(Items from a data source)
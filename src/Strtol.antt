-- ===== src/Strtol.antt =====
-- `strtol` of lib/string.c. A `long` is a 32-bit word, and wraps round; the loops that run to the end
-- of the number have fuel.
pub mod Digits
pub mod RoundTrip
use jos.Base.{
  ℕ, zero, suc, ◌+◌, ◌-◌, ◌*◌, Bool, true, false, ◌&&◌, ◌||◌, Option, none, some, ◌==◌, leb,
  if◌then◌else◌, ◌>>=◌,
}
use jos.Types.{u32, sub32}
use jos.Memory.{Mem}

-- `while (*s == ' ' || *s == '\t') s++;`
unfoldable pub skip_blanks : ℕ → Mem → ℕ → Option ℕ
skip_blanks zero m s = none
skip_blanks (suc fuel) m s =
    let rest = skip_blanks fuel m (s + 1) in if m s == b' ' || m s == b'\t' then rest else some s

-- where the number goes on behind a sign, and `neg`
unfoldable pub read_sign : Mem → ℕ → ℕ × Bool
read_sign m s =
    if m s == b'+' then (s + 1, false) else if m s == b'-' then (s + 1, true) else (s, false)

-- where the digits start, and their base
unfoldable pub read_prefix : Mem → ℕ → ℕ → ℕ × ℕ
read_prefix m s base =
    if (base == 0 || base == 16) && (m s == b'0' && m (s + 1) == b'x')
    then (s + 2, 16)
    else if base == 0 && m s == b'0'
    then (s + 1, 8)
    else if base == 0
    then (s, 10)
    else (s, base)

-- `dig`, where the character is a digit or a letter
unfoldable pub digit_of : ℕ → Option ℕ
digit_of c =
    if leb b'0' c && leb c b'9'
    then some (c - b'0')
    else if leb b'a' c && leb c b'z'
    then some (c - b'a' + 10)
    else if leb b'A' c && leb c b'Z'
    then some (c - b'A' + 10)
    else none

-- the loop: the end of the number, and `val`
unfoldable pub read_digits : ℕ → Mem → ℕ → ℕ → ℕ → Option (ℕ × ℕ)
read_digits zero m base s val = none
read_digits (suc fuel) m base s val = elim (digit_of (m s)) [
  | none ↦ some (s, val)
  | some dig ↦ elim (leb base dig) [
    | true ↦ some (s, val)
    | false ↦ read_digits fuel m base (s + 1) (u32 (val * base + dig))
  ]
]

abbrev pub negate_if : Bool → ℕ × ℕ → ℕ × ℕ
negate_if neg (s, val) = (s, if neg then sub32 0 val else val)

-- `strtol(s, &endptr, base)`: `*endptr`, and the value
unfoldable pub strtol : ℕ → Mem → ℕ → ℕ → Option (ℕ × ℕ)
strtol fuel m s base = do
  start ← skip_blanks fuel m s
  let signed = read_sign m start
  let prefixed = read_prefix m signed.0 base
  result ← read_digits fuel m prefixed.1 prefixed.0 0
  some (negate_if signed.1 result)
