-- ===== src/Strtol/Digits.antt =====
-- The digits that `strtol` reads.
use jos.Base.{
  ℕ, zero, suc, ◌+◌, ◌*◌, ◌≤◌, ◌<◌, ◌^◌, ◌≡◌, refl, ◌∙◌, ap, true, false, Option, none, some, List,
  [], ◌∷◌, map, arith, length, ◌==◌, leb, ==_iff,
}
use native.Mathlib.Nat.{mul-le-mul_left}
use jos.Base.Bits.{all_below, all_below_sound}
use jos.Types.{u32}
use jos.Memory.{Mem}
use jos.Memory.Text.{IsText}
use jos.Printf.{hex_digit}
use jos.Printf.Number.{value, AllBelow}
use jos.Strtol.{digit_of, read_digits}

abbrev or_none : Option ℕ → ℕ
or_none none = 99
or_none (some d) = d

hex_digit_table : all_below 16 (λ d. or_none (digit_of (hex_digit d)) == d) ≡ true
unfolding all_below digit_of
hex_digit_table = refl

or_none_iff : (o : Option ℕ) (d : ℕ) → d < 16 → or_none o ≡ d → o ≡ some d
or_none_iff none d h e = absurd (omega arith)
or_none_iff (some x) d h e = ap some e

-- A digit that is printed is read back.
pub digit_of-hex_digit : (d : ℕ) → d < 16 → digit_of (hex_digit d) ≡ some d
digit_of-hex_digit d h =
    or_none_iff (digit_of (hex_digit d)) d h
      ((==_iff _ _).0 (all_below_sound 16 _ d hex_digit_table h))

pub le-value : (base front : ℕ) (ds : List ℕ) → 1 ≤ base → front ≤ value base front ds
le-value base front [] h = omega arith
le-value base front (d ∷ ds) h =
    omega (arith, le-value base (front * base + d) ds h, mul-le-mul_left front h)

module _ (fuel : ℕ) (m : Mem) (base s val : ℕ) where
  read_digits_stop : digit_of (m s) ≡ none → read_digits (suc fuel) m base s val ≡ some (s, val)
  unfolding read_digits
  read_digits_stop e = rw (read_digits, e) refl

  read_digits_more :
      (dig : ℕ)
      → digit_of (m s) ≡ some dig
      → dig < base
      → read_digits (suc fuel) m base s val
        ≡ read_digits fuel m base (s + 1) (u32 (val * base + dig))
  unfolding read_digits
  read_digits_more dig e lt =
      let t : leb base dig ≡ false = ground arith in rw (read_digits, e, t) refl

digit_of_end : digit_of 0 ≡ none
unfolding digit_of
digit_of_end = refl

pub read_digits-value :
    (fuel : ℕ) (m : Mem) (base s val : ℕ) (ds : List ℕ)
    → IsText m s (map hex_digit ds)
    → AllBelow base ds
    → 1 ≤ base
    → base ≤ 16
    → value base val ds < 2 ^ 32
    → length ds < fuel
    → read_digits fuel m base s val ≡ some (s + length ds, value base val ds)
read_digits-value zero m base s val ds t all one le small f = absurd (omega arith)
read_digits-value (suc fuel) m base s val [] t all one le small f =
    let here : s + 0 ≡ s = omega arith in
    read_digits_stop fuel m base s val (ap digit_of t ∙ digit_of_end) ∙ rw here refl
read_digits-value (suc fuel) m base s val (d ∷ ds) t all one le small f =
    let next = val * base + d in
    let whole : u32 next ≡ next = omega (arith, le-value base next ds one) in
    let there : s + 1 + length ds ≡ s + suc (length ds) = omega arith in
    let first =
      read_digits_more fuel m base s val d (ap digit_of t.0 ∙ digit_of-hex_digit d (omega arith))
        all.0 in
    let rest = read_digits-value fuel m base (s + 1) next ds t.2 all.1 one le small (omega arith) in
    rw (first, whole, rest, there) refl
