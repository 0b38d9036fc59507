-- ===== src/Strtol/RoundTrip.antt =====
-- `strtol` reads back what `printnum` prints.
use jos.Base.{
  ℕ, zero, suc, ◌+◌, ◌-◌, ◌≤◌, ◌<◌, ◌^◌, ◌≡◌, refl, sym, ◌∙◌, ap, true, false, Bool, not, ◌&&◌,
  ◌||◌, some, List, [], ◌∷◌, ◌++◌, map, arith, length, ◌==◌, if◌then◌else◌, replicate, length-map,
}
use mathlib.Core.Option.{some_inj}
use jos.Base.Bits.{all_below, all_below_sound}
use jos.Types.{sub32}
use jos.Memory.{Mem}
use jos.Memory.Text.{IsText}
use jos.Printf.{printnum, hex_digit}
use jos.Printf.Number.{value, AllBelow, printnum-Numeral}
use jos.Strtol.{skip_blanks, read_sign, read_prefix, read_digits, strtol}
use jos.Strtol.Digits.{read_digits-value}

abbrev is_plain : ℕ → Bool
is_plain c =
    not (c == b' ') && not (c == b'\t') && not (c == b'+') && not (c == b'-') && not (c == b'x')

plain_table : all_below 16 (λ d. is_plain (hex_digit d)) ≡ true
unfolding all_below
plain_table = refl

hex_digit_plain : (d : ℕ) → d < 16 → is_plain (hex_digit d) ≡ true
hex_digit_plain d h = all_below_sound 16 _ d plain_table h

abbrev is_blank : ℕ → Bool
is_blank c = c == b' ' || c == b'\t'

skip_blanks_stop :
    (fuel : ℕ) (m : Mem) (s : ℕ) → is_blank (m s) ≡ false → skip_blanks (suc fuel) m s ≡ some s
unfolding skip_blanks
skip_blanks_stop fuel m s t = ground arith

skip_blanks_more :
    (fuel : ℕ) (m : Mem) (s : ℕ)
    → m s ≡ b' '
    → skip_blanks (suc fuel) m s ≡ skip_blanks fuel m (s + 1)
unfolding skip_blanks
skip_blanks_more fuel m s e = ground arith

skip_blanks-replicate :
    (k fuel : ℕ) (m : Mem) (s : ℕ) (cs : List ℕ)
    → IsText m s (replicate k b' ' ++ cs)
    → is_blank (m (s + k)) ≡ false
    → k < fuel
    → skip_blanks fuel m s ≡ some (s + k)
skip_blanks-replicate k zero m s cs t plain f = absurd (omega arith)
skip_blanks-replicate zero (suc fuel) m s cs t plain f =
    let e : s + 0 ≡ s = omega arith in
    rw e (skip_blanks_stop fuel m s (ap (λ q. is_blank (m q)) (sym e) ∙ plain))
skip_blanks-replicate (suc k) (suc fuel) m s cs t plain f =
    let e : s + 1 + k ≡ s + suc k = omega arith in
    let rest =
      skip_blanks-replicate k fuel m (s + 1) cs t.2 (ap (λ q. is_blank (m q)) e ∙ plain)
        (omega arith) in
    rw (skip_blanks_more fuel m s t.0, rest, e) refl

IsText_behind :
    (k : ℕ) (m : Mem) (s c : ℕ) (cs : List ℕ)
    → IsText m s (replicate k c ++ cs)
    → IsText m (s + k) cs
IsText_behind zero m s c cs t = let e : s + 0 ≡ s = omega arith in rw e t
IsText_behind (suc k) m s c cs t =
    let e : s + suc k ≡ s + 1 + k = omega arith in rw e (IsText_behind k m (s + 1) c cs t.2)

read_sign_none : (m : Mem) (s : ℕ) → is_plain (m s) ≡ true → read_sign m s ≡ (s, false)
unfolding read_sign
read_sign_none m s t = ground arith

read_sign_minus : (m : Mem) (s : ℕ) → m s ≡ b'-' → read_sign m s ≡ (s + 1, true)
unfolding read_sign
read_sign_minus m s t = ground arith

read_prefix_none :
    (m : Mem) (s base : ℕ)
    → 0 < base
    → (m (s + 1) == b'x') ≡ false
    → read_prefix m s base ≡ (s, base)
unfolding read_prefix
read_prefix_none m s base h t = ground arith

second_plain :
    (m : Mem) (s d : ℕ) (ds : List ℕ) (base : ℕ)
    → base ≤ 16
    → AllBelow base ds
    → IsText m s (map hex_digit (d ∷ ds))
    → (m (s + 1) == b'x') ≡ false
second_plain m s d [] base le all t = ground arith
second_plain m s d (e ∷ ds) base le all t =
    let plain = hex_digit_plain e (omega arith) in let here = t.2.0 in ground arith

-- The numeral itself, from `p` on.
numeral_run :
    (fuel : ℕ) (m : Mem) (p base : ℕ) (ds : List ℕ)
    → 2 ≤ base
    → base ≤ 16
    → AllBelow base ds
    → 0 < length ds
    → value base 0 ds < 2 ^ 32
    → length ds < fuel
    → IsText m p (map hex_digit ds)
    → (read_prefix m p base ≡ (p, base))
      × (is_plain (m p) ≡ true)
      × (read_digits fuel m base p 0 ≡ some (p + length ds, value base 0 ds))
numeral_run fuel m p base [] two le all one small f t = absurd (omega arith)
numeral_run fuel m p base (d ∷ ds) two le all one small f t = (
  read_prefix_none m p base (omega arith) (second_plain m p d ds base le all.1 t),
  ap is_plain t.0 ∙ hex_digit_plain d (omega (arith, all.0)),
  read_digits-value fuel m base p 0 (d ∷ ds) t all (omega arith) le small f,
)

abbrev pub minus : Bool → List ℕ
minus true = b'-' ∷ []
minus false = []

-- What stands behind the blanks: a sign, and the numeral.
signed_run :
    (m : Mem) (p : ℕ) (negative : Bool) (digits : List ℕ)
    → IsText m p (minus negative ++ digits)
    → is_plain (m (p + length (minus negative))) ≡ true
    → (is_blank (m p) ≡ false) × (read_sign m p ≡ (p + length (minus negative), negative))
signed_run m p true digits t plain = let there = t.0 in (ground arith, read_sign_minus m p t.0)
signed_run m p false digits t plain =
    let e : p + 0 ≡ p = omega arith in
    let here : is_plain (m p) ≡ true = ap (λ q. is_plain (m q)) (sym e) ∙ plain in
    (ground arith, read_sign_none m p here ∙ rw e refl)

IsText_behind_sign :
    (m : Mem) (p : ℕ) (negative : Bool) (digits : List ℕ)
    → IsText m p (minus negative ++ digits)
    → IsText m (p + length (minus negative)) digits
IsText_behind_sign m p true digits t = t.2
IsText_behind_sign m p false digits t = let e : p + 0 ≡ p = omega arith in rw e t

-- `strtol` on blanks, a sign and the numeral of a number.
strtol_numeral :
    (fuel : ℕ) (m : Mem) (s blanks base : ℕ) (negative : Bool) (ds : List ℕ)
    → 2 ≤ base
    → base ≤ 16
    → AllBelow base ds
    → 0 < length ds
    → value base 0 ds < 2 ^ 32
    → blanks + length ds < fuel
    → IsText m s (replicate blanks b' ' ++ (minus negative ++ map hex_digit ds))
    → strtol fuel m s base
      ≡ some (
        s + blanks + length (minus negative) + length ds,
        if negative then sub32 0 (value base 0 ds) else value base 0 ds,
      )
unfolding strtol
strtol_numeral fuel m s blanks base negative ds two le all one small f t =
    let p = s + blanks in
    let signed = IsText_behind blanks m s b' ' (minus negative ++ map hex_digit ds) t in
    let there = p + length (minus negative) in
    let run =
      numeral_run fuel m there base ds two le all one small (omega arith)
        (IsText_behind_sign m p negative (map hex_digit ds) signed) in
    let sign = signed_run m p negative (map hex_digit ds) signed run.1 in
    let skip =
      skip_blanks-replicate blanks fuel m s (minus negative ++ map hex_digit ds) t sign.0
        (omega arith) in
    rw (skip, sign.1, run.0, run.2) refl

-- Where the digits that `printnum` prints of a number below 2 ^ 32, without padding and in a base
-- from 2 to 16, stand in memory behind blanks and an optional minus sign, as a string, `strtol` in
-- that base returns the end of the string, and the number or its negative as a 32-bit word, once
-- the fuel exceeds the number of blanks and digits.
pub strtol-printnum :
    (num base : ℕ)
    → 2 ≤ base
    → base ≤ 16
    → num < 2 ^ 32
    → (digits : List ℕ) → printnum 64 num base 0 b' ' ≡ some digits
    → (fuel : ℕ) (m : Mem) (s blanks : ℕ) (negative : Bool) → blanks + length digits < fuel
    → IsText m s (replicate blanks b' ' ++ (minus negative ++ digits))
    → strtol fuel m s base
      ≡ some (
        s + blanks + length (minus negative) + length digits,
        if negative then sub32 0 num else num,
      )
strtol-printnum num base two le small digits printed fuel m s blanks negative f t =
    let q = printnum-Numeral 64 num base 0 b' ' two (omega arith) (omega arith) (omega arith) in
    let none_left : 0 - length q.digits ≡ 0 = omega arith in
    let same : digits ≡ map hex_digit q.digits = some_inj.0 (
      sym printed
      ∙ q.returns
      ∙ ap (λ k. some (replicate k b' ' ++ map hex_digit q.digits)) none_left) in
    let len : length digits ≡ length q.digits = ap length same ∙ length-map q.digits hex_digit in
    let run =
      strtol_numeral fuel m s blanks base negative q.digits two le q.below q.one_digit
        (rw (q.denotes) small) (omega arith) (rw same at t) in
    rw len (rw (q.denotes) at run)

# Problem statement
An exact copy of the lines above between the line holding "hex_digit_plain : (d" and the line holding "(replicate k b' ' ++ cs)", inclusive, is the whole answer.

# Solution to the problem
hex_digit_plain : (d : ℕ) → d < 16 → is_plain (hex_digit d) ≡ true
hex_digit_plain d h = all_below_sound 16 _ d plain_table h

abbrev is_blank : ℕ → Bool
is_blank c = c == b' ' || c == b'\t'

skip_blanks_stop :
    (fuel : ℕ) (m : Mem) (s : ℕ) → is_blank (m s) ≡ false → skip_blanks (suc fuel) m s ≡ some s
unfolding skip_blanks
skip_blanks_stop fuel m s t = ground arith

skip_blanks_more :
    (fuel : ℕ) (m : Mem) (s : ℕ)
    → m s ≡ b' '
    → skip_blanks (suc fuel) m s ≡ skip_blanks fuel m (s + 1)
unfolding skip_blanks
skip_blanks_more fuel m s e = ground arith

skip_blanks-replicate :
    (k fuel : ℕ) (m : Mem) (s : ℕ) (cs : List ℕ)
    → IsText m s (replicate k b' ' ++ cs)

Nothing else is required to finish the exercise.